··· INFORMATION SHOWN ···

-- ===== src/Registry/Resolve.antt =====
-- Turning one route into an address and a TLS policy: `resolve`, `resolveTLS`, and what fails.
pub mod Fields
use pg_k8s_proxy.Common.{
  ℤ, pos, Bytes, Option, none, some, [], ◌∷◌, ◌++◌, Bool, true, false, not, ◌&&◌, ◌||◌, Result, ok,
  err, ◌>>=◌, codes, is_empty, text_eq, eq_ℤ, if◌then◌else◌,
}
use pg_k8s_proxy.Api.{
  IntOrString, ServiceBackend, AddressBackend, SecretKeyReference, NamespacedName, PostgresRoute,
  key_of, BackendTls, effective_database, effective_target_database, backend_type_service,
  backend_type_address, tls_disable, tls_verify_ca, tls_verify_full,
}
use pg_k8s_proxy.Registry.Address.{itoa, join_host_port}

-- A certificate pool is the PEM text that it was filled from.
abbrev pub CertPool : Type 0
CertPool = Bytes

-- What a read of the cluster can fail with.
pub data ApiError : Type 0 where
  not_found conflict : ApiError
  other : Bytes → ApiError

pub data CaError : Type 0 where
  secrets_disabled : Bytes → Bytes → CaError
  reading_secret : Bytes → Bytes → ApiError → CaError
  missing_key : Bytes → Bytes → Bytes → CaError
  no_certificates : Bytes → Bytes → Bytes → CaError

-- One constructor for each `return … fmt.Errorf(…)`, with the arguments of the format.
pub data ResolveError : Type 0 where
  backend_not_found : Bytes → Bytes → ResolveError
  reading_service : Bytes → Bytes → ApiError → ResolveError
  no_port : Bytes → Bytes → ℤ → ResolveError
  port_number_not_found : Bytes → Bytes → ℤ → ResolveError
  port_name_not_found : Bytes → Bytes → Bytes → ResolveError
  unrecognised_port : Bytes → Bytes → ResolveError
  service_unset address_unset : ResolveError
  unsupported_type : Bytes → ResolveError
  ca_bundle : CaError → ResolveError

-- `errors.Is` against the four errors of the package: what a constructor's format wraps by `%w`.
unfoldable pub is_backend_not_found : ResolveError → Bool
is_backend_not_found (backend_not_found _ _) = true
is_backend_not_found _ = false

unfoldable pub is_port_not_found : ResolveError → Bool
is_port_not_found (port_number_not_found _ _ _) = true
is_port_not_found (port_name_not_found _ _ _) = true
is_port_not_found _ = false

unfoldable pub is_ca_bundle : ResolveError → Bool
is_ca_bundle (ca_bundle _) = true
is_ca_bundle _ = false

-- `apierrors.IsNotFound`, which looks through wrapped errors.
is_api_not_found : ApiError → Bool
is_api_not_found not_found = true
is_api_not_found _ = false

unfoldable pub is_not_found : ResolveError → Bool
unfolding is_api_not_found
is_not_found (reading_service _ _ e) = is_api_not_found e
is_not_found (ca_bundle (reading_secret _ _ e)) = is_api_not_found e
is_not_found _ = false

-- The interface `Resolver`; registry/resolver.go has the one implementation.
pub record Resolver : Type 0 where
  pub resolve_service_port : Bytes → Bytes → IntOrString → Result ResolveError ℤ
  pub load_ca_bundle : Bytes → Bytes → Bytes → Result CaError CertPool

pub record TlsConfig : Type 0 where
  pub mode : Bytes
  pub root_cas : Option CertPool
  pub server_name : Bytes

-- `Enabled`.
unfoldable pub tls_enabled : TlsConfig → Bool
tls_enabled t = not (is_empty t.mode) && not (text_eq t.mode tls_disable)

pub record Route : Type 0 where
  pub source : NamespacedName
  pub database : Bytes
  pub target_database : Bytes
  pub host : Bytes
  pub port : ℤ
  pub tls : TlsConfig

unfoldable pub address : Route → Bytes
address r = join_host_port r.host (itoa r.port)

abbrev no_tls : TlsConfig
no_tls = record { mode = tls_disable; root_cas = none; server_name = [] }

-- The CA bundle of a policy that verifies certificates.
load_bundle :
    Resolver → Bytes → TlsConfig → Option SecretKeyReference → Result ResolveError TlsConfig
load_bundle resolver namespace out none = ok out
load_bundle resolver namespace out (some ref) =
    let key = if is_empty ref.key then codes "ca.crt" else ref.key in
    elim (resolver.load_ca_bundle namespace ref.name key) [
      | ok pool ↦ ok (record out { root_cas = some pool })
      | err e ↦ err (ca_bundle e)
    ]

resolve_tls : Resolver → Bytes → Option BackendTls → Result ResolveError TlsConfig
resolve_tls resolver namespace none = ok no_tls
resolve_tls resolver namespace (some spec) =
    let out : TlsConfig = record {
      mode = spec.mode;
      root_cas = none;
      server_name = spec.server_name;
    } in
    if is_empty spec.mode || text_eq spec.mode tls_disable
    then ok no_tls
    else if not (text_eq spec.mode tls_verify_ca || text_eq spec.mode tls_verify_full)
    then ok out
    else load_bundle resolver namespace out spec.ca_secret_ref

-- The host and the port of a route's backend: the `switch` of `resolve`.
resolve_service : Resolver → Bytes → Bytes → Option ServiceBackend → Result ResolveError (Bytes × ℤ)
resolve_service resolver domain route_namespace none = err service_unset
resolve_service resolver domain route_namespace (some backend) = do
  let namespace = if is_empty backend.namespace then route_namespace else backend.namespace
  port ← resolver.resolve_service_port namespace backend.name backend.port
  ok (backend.name ++ (b'.' ∷ (namespace ++ (codes ".svc." ++ domain))), port)

resolve_address : Option AddressBackend → Result ResolveError (Bytes × ℤ)
resolve_address none = err address_unset
resolve_address (some backend) =
    ok (backend.host, if eq_ℤ backend.port (pos 0) then pos 5432 else backend.port)

resolve_backend : Resolver → Bytes → PostgresRoute → Result ResolveError (Bytes × ℤ)
resolve_backend resolver domain route =
    let backend = route.spec.backend in
    if text_eq backend.type backend_type_service
    then resolve_service resolver domain route.meta.namespace backend.service
    else if text_eq backend.type backend_type_address
    then resolve_address backend.address
    else err (unsupported_type backend.type)

unfoldable pub resolve : Resolver → Bytes → PostgresRoute → Result ResolveError Route
unfolding resolve_backend resolve_service resolve_address resolve_tls load_bundle
resolve resolver domain route = do
  (host, port) ← resolve_backend resolver domain route
  tls ← resolve_tls resolver route.meta.namespace route.spec.tls
  ok (record {
    source = key_of route;
    database = effective_database route;
    target_database = effective_target_database route;
    host = host;
    port = port;
    tls = tls;
  })
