-- ===== src/Registry/Client.antt =====
-- src/internal/registry/resolver.go: `ClientResolver`, the resolver that reads the cluster. The
-- client's reads and the parser of PEM certificates are given.
pub mod Ports
use pg_k8s_proxy.Common.{
  ℕ, ◌+◌, ◌*◌, ◌-◌, ◌^◌, ℤ, pos, Bytes, Option, none, some, List, [], ◌∷◌, Bool, true, false, not,
  ◌&&◌, Result, ok, err, Assoc, lookup, bytes_keys, text_eq, eq_ℤ, is_empty, ltb, leb, ◌==◌,
  if◌then◌else◌,
}
use pg_k8s_proxy.Api.{IntOrString, int, string, untyped}
use pg_k8s_proxy.Registry.Resolve.{
  CertPool, ApiError, not_found, CaError, secrets_disabled, reading_secret, missing_key,
  no_certificates, ResolveError, backend_not_found, reading_service, no_port, port_number_not_found,
  port_name_not_found, unrecognised_port, Resolver,
}

pub record ServicePort : Type 0 where
  pub name : Bytes
  pub port : ℤ

-- `client.Reader`, by namespace and name: a Service's ports and a Secret's data.
pub record Reader : Type 0 where
  pub get_service : Bytes → Bytes → Result ApiError (List ServicePort)
  pub get_secret : Bytes → Bytes → Result ApiError (Assoc Bytes Bytes)
  -- Whether `AppendCertsFromPEM` finds a certificate.
  pub has_certificates : Bytes → Bool

pub record ClientResolver : Type 0 where
  pub client : Reader
  pub ca_bundles : Bool

-- The digits of a decimal number, after those that were read.
unfoldable pub parse_digits : ℕ → Bytes → Option ℕ
parse_digits n [] = some n
parse_digits n (c ∷ cs) =
    let rest = parse_digits (n * 10 + (c - 48)) cs in if leb 48 c && leb c 57 then rest else none

-- `strconv.ParseUint(s, 10, 16)`.
unfoldable pub parse_uint16 : Bytes → Option ℕ
parse_uint16 s =
    if is_empty s
    then none
    else elim (parse_digits 0 s) [ none ↦ none | some n ↦ if ltb n (2 ^ 16) then some n else none ]

unfoldable pub parse_port_number : Bytes → Option ℕ
parse_port_number s = elim (parse_uint16 s) [
  | none ↦ none
  | some n ↦ if n == 0 then none else some n
]

-- The loops over `svc.Spec.Ports`.
unfoldable pub has_port : ℤ → List ServicePort → Bool
has_port want [] = false
has_port want (p ∷ ps) = if eq_ℤ p.port want then true else has_port want ps

unfoldable pub port_named : Bytes → List ServicePort → Option ℤ
port_named name [] = none
port_named name (p ∷ ps) = if text_eq p.name name then some p.port else port_named name ps

-- The `switch` of `ResolveServicePort`, on the ports that were read.
unfoldable pub choose_port : Bytes → Bytes → List ServicePort → IntOrString → Result ResolveError ℤ
choose_port namespace name ports (int want) =
    if has_port want ports then ok want else err (no_port namespace name want)
choose_port namespace name ports (string s) = elim (parse_port_number s) [
  | some n ↦
      if has_port (pos n) ports
      then ok (pos n)
      else err (port_number_not_found namespace name (pos n))
  | none ↦ elim (port_named s ports) [
    | some port ↦ ok port
    | none ↦ err (port_name_not_found namespace name s)
  ]
]
choose_port namespace name ports untyped = err (unrecognised_port namespace name)

abbrev pub get_failed : Bytes → Bytes → ApiError → ResolveError
get_failed namespace name not_found = backend_not_found namespace name
get_failed namespace name e = reading_service namespace name e

unfoldable pub resolve_service_port :
    ClientResolver → Bytes → Bytes → IntOrString → Result ResolveError ℤ
resolve_service_port r namespace name port = elim (r.client.get_service namespace name) [
  | err e ↦ err (get_failed namespace name e)
  | ok ports ↦ choose_port namespace name ports port
]

unfoldable pub load_ca_bundle : ClientResolver → Bytes → Bytes → Bytes → Result CaError CertPool
load_ca_bundle r namespace secret_name key =
    if not r.ca_bundles
    then err (secrets_disabled namespace secret_name)
    else elim (r.client.get_secret namespace secret_name) [
      | err e ↦ err (reading_secret namespace secret_name e)
      | ok data_of ↦ elim (lookup key data_of) [
        | none ↦ err (missing_key namespace secret_name key)
        | some pem ↦
            if r.client.has_certificates pem
            then ok pem
            else err (no_certificates namespace secret_name key)
      ]
    ]

-- What `Build` is given.
abbrev pub client_resolver : ClientResolver → Resolver
client_resolver r = record {
  resolve_service_port = resolve_service_port r;
  load_ca_bundle = load_ca_bundle r;
}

···

• **YOUR INSTRUCTIONS**
Repeat word for word the lines above that run from the line containing "-- The host" through the line containing "port ← resolver.resolve_service_port", both ends included, and nothing else.

• **RESULT**
-- The host and the port of a route's backend: the `switch` of `resolve`.
resolve_service : Resolver → Bytes → Bytes → Option ServiceBackend → Result ResolveError (Bytes × ℤ)
resolve_service resolver domain route_namespace none = err service_unset
resolve_service resolver domain route_namespace (some backend) = do
  let namespace = if is_empty backend.namespace then route_namespace else backend.namespace
  port ← resolver.resolve_service_port namespace backend.name backend.port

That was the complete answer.